This is more or less my philosophy on prepping: Prepare as well as I can now, and do what I gotta do when SHTF.


----------



## The Tourist

Annie said:


> Wow, I've never heard of that. My sugar is 4 years old. How are you storing it? Sounds like moisture is getting into the packaging somehow.


I wonder if the "sugar" processed in the States is the same product as in Brazil? For example, near my home in the 'burbs of Milwaukee, there are lots of maple trees and you can get syrup on any corner vegetable stand. And they sell sugary items, like little brown sugar figurines. I cannot remember ever seeing one in white sugar.


----------



## whoppo

We don't store any flour, even for short term... rather we keep a variety of wheat berries in stock and mill it fresh as we go. Seems to work just fine and properly stored, wheat berries can last a very long time.


----------



## The Tourist

Annie, to my knowledge, we have never discussed the "manly man" part of gardening. That is, after my wife--or any wife--has a chosen the right section based on daylight, the water table and shade, what does the clueless husband do?

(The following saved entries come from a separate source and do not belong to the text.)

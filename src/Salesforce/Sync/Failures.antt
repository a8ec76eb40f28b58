-- ===== src/Salesforce/Sync/Failures.antt =====
-- No refused record is dropped: its job's failed records are in the bucket, and reported.
use automated_outreach_proto.Prelude.{
  ℕ, suc, ◌≡◌, ◌≢◌, refl, sym, ap, ◌∙◌, Option, none, some, List, [], ◌∷◌, map, length, arith,
  Among, All, inl, inr, Result, ok, err, ok-injective,
}
use automated_outreach_proto.Text.{Text, codes}
use automated_outreach_proto.Text.Equality.{text_eq_iff}
use automated_outreach_proto.Dict.{Dict, get, put}
use automated_outreach_proto.Dict.Laws.{get-put}
use automated_outreach_proto.Json.{Json, str, index, index_iff}
use automated_outreach_proto.Io.{lift, and_then-eq-ok}
use automated_outreach_proto.Cleansing.PipelineIo.{Files, Row, get_object}
use automated_outreach_proto.Cleansing.Steps.Suppress.{object_key, object_key-str}
use automated_outreach_proto.Salesforce.Http.{Net, text_of}
use automated_outreach_proto.Salesforce.Cloud.{Cloud, Lake}
use automated_outreach_proto.Salesforce.Auth.{
  Crypto, load_credentials, get_access_token, Credentials,
}
use automated_outreach_proto.Salesforce.Bulk.{Client, Session}
use automated_outreach_proto.Salesforce.Upsert.{Record, JobResult, upsert_records}
use automated_outreach_proto.Salesforce.Upsert.Jobs.{
  Jobs, no_job, a_job, IsComplete, upsert_records-Jobs,
}
use automated_outreach_proto.Salesforce.Sync.{
  Report, batch_size, external_id_field, failure_key, lead_records, store_step, store_failures,
  usage_metrics, sum_failed, environ, with_session, with_token, emit, stored, pushed, sync_records,
  handler, count_metrics,
}

-- The bucket holds the text under the key, unless a later job writes the same key.
abbrev pub Holds : (f : Files) → Text → Dict f.backend.Body → Text → Text → List JobResult → Type 0
Holds f run_id objects key csv later =
    All (λ (r : JobResult). failure_key run_id r.job_id ≢ key) later
    → get key objects ≡ some (f.encode csv)

-- What becomes of one job's failed records: their very text is in the bucket under a key of the list.
abbrev pub IsStored :
    (f : Files) → Text → List Text → Dict f.backend.Body → JobResult → List JobResult → Type 0
IsStored f run_id keys objects r later =
    (csv : Text)
    → r.failed_results_csv ≡ some csv
    → Among (failure_key run_id r.job_id) keys
      × Holds f run_id objects (failure_key run_id r.job_id) csv later

-- Of every job of the list, each with those after it.
abbrev pub AllStored :
    (f : Files) → Text → List Text → Dict f.backend.Body → List JobResult → Type 0
AllStored f run_id keys objects [] = Unit
AllStored f run_id keys objects (r ∷ rs) =
    IsStored f run_id keys objects r rs × AllStored f run_id keys objects rs

abbrev encoded : (f : Files) → Option Text → Option f.backend.Body
encoded f none = none
encoded f (some t) = some (f.encode t)

module _ (f : Files) (run_id : Text) where
  -- A key that the rest of the loop does not write keeps its object.
  step-keeps :
      (key : Text) (csv : Option Text) (rs : List JobResult) (k : Text)
      (objects : Dict f.backend.Body)
      → ((o : Dict f.backend.Body) → get k (store_failures f run_id rs o).1 ≡ get k o)
      → key ≢ k
      → get k (store_step f key csv (λ o. store_failures f run_id rs o) objects).1 ≡ get k objects
  unfolding store_step
  step-keeps key none rs k objects rest other = rest objects
  step-keeps key (some csv) rs k objects rest other =
      rest (put key (f.encode csv) objects)
      ∙ ground (arith, get-put key k (f.encode csv) objects, text_eq_iff key k, text_eq_iff k key)

  store-keeps :
      (rs : List JobResult) (k : Text) (objects : Dict f.backend.Body)
      → All (λ (r : JobResult). failure_key run_id r.job_id ≢ k) rs
      → get k (store_failures f run_id rs objects).1 ≡ get k objects
  unfolding store_failures
  store-keeps [] k objects h = refl
  store-keeps (r ∷ rs) k objects h =
      step-keeps (failure_key run_id r.job_id) r.failed_results_csv rs k objects
        (λ o. store-keeps rs k o h.1) h.0

  put-has :
      (key : Text) (v : f.backend.Body) (objects : Dict f.backend.Body)
      → get key (put key v objects) ≡ some v
  put-has key v objects = ground (arith, get-put key key v objects, text_eq_iff key key)

  AllStored-later :
      (key : Text) (keys : List Text) (objects : Dict f.backend.Body) (rs : List JobResult)
      → AllStored f run_id keys objects rs
      → AllStored f run_id (key ∷ keys) objects rs
  AllStored-later key keys objects [] h = tt
  AllStored-later key keys objects (r ∷ rs) h =
      (λ csv c. (inr (h.0 csv c).0, (h.0 csv c).1), AllStored-later key keys objects rs h.1)

  step-AllStored :
      (r : JobResult) (csv : Option Text) (rs : List JobResult) (objects : Dict f.backend.Body)
      → r.failed_results_csv ≡ csv
      → ((o : Dict f.backend.Body)
          → AllStored f run_id (store_failures f run_id rs o).0 (store_failures f run_id rs o).1 rs)
      → AllStored f run_id
          (store_step f
            (failure_key run_id r.job_id)
            csv
            (λ o. store_failures f run_id rs o)
            objects).0
          (store_step f
            (failure_key run_id r.job_id)
            csv
            (λ o. store_failures f run_id rs o)
            objects).1
          (r ∷ rs)
  unfolding store_step
  step-AllStored r none rs objects e rest = (λ text c. absurd (ground arith), rest objects)
  step-AllStored r (some csv) rs objects e rest =
      let key = failure_key run_id r.job_id in
      let after = put key (f.encode csv) objects in
      (
        λ text c. (
          inl refl,
          λ no_later.
              store-keeps rs key after no_later
              ∙ put-has key (f.encode csv) objects
              ∙ ap (encoded f) (sym e ∙ c),
        ),
        AllStored-later key _ _ rs (rest after),
      )

  store-AllStored :
      (rs : List JobResult) (objects : Dict f.backend.Body)
      → AllStored f run_id
          (store_failures f run_id rs objects).0
          (store_failures f run_id rs objects).1
          rs
  unfolding store_failures
  store-AllStored [] objects = tt
  store-AllStored (r ∷ rs) objects =
      step-AllStored r r.failed_results_csv rs objects refl (λ o. store-AllStored rs o)

-- The Salesforce client of a token and its instance.
abbrev pub client_of : Text × Text → Client
client_of t = record { instance_url = t.1; access_token = t.0 }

Do I do what my dad did, that is roto-till the section into butchered loam? Do I carefully overturn the section and add the darkest topsoil I can find? Or do I just get a little hand plow and make ditches where she wants them?

In other words, how can my sweat equity get the place to a point that gives her the best option for any item she wishes?


----------



## Annie

The Tourist said:


> Annie, to my knowledge, we have never discussed the "manly man" part of gardening. That is, after my wife--or any wife--has a chosen the right section based on daylight, the water table and shade, what does the clueless husband do?
> 
> Do I do what my dad did, that is roto-till the section into butchered loam? Do I carefully overturn the section and add the darkest topsoil I can find? Or do I just get a little hand plow and make ditches where she wants them?
> 
> In other words, how can my sweat equity get the place to a point that gives her the best option for any item she wishes?


We like raised beds here. Fill it in with really good soil and it's less work. I also keep so things (herbs, garlic) in pots.


----------



## Mad Trapper

I store my sugar in qt canning jars, 4 lbs fits in about two quarts. Stays granular and never hardens or gets mushy. Take out a pt at a time into a pint canning jar for use. If you have a lot to store, 1/2 gal canning jars.

No problems with ants or mice either.

My maple syrup I also put in ball/mason jars, but water bath can , kept out of heat/light lasts many years.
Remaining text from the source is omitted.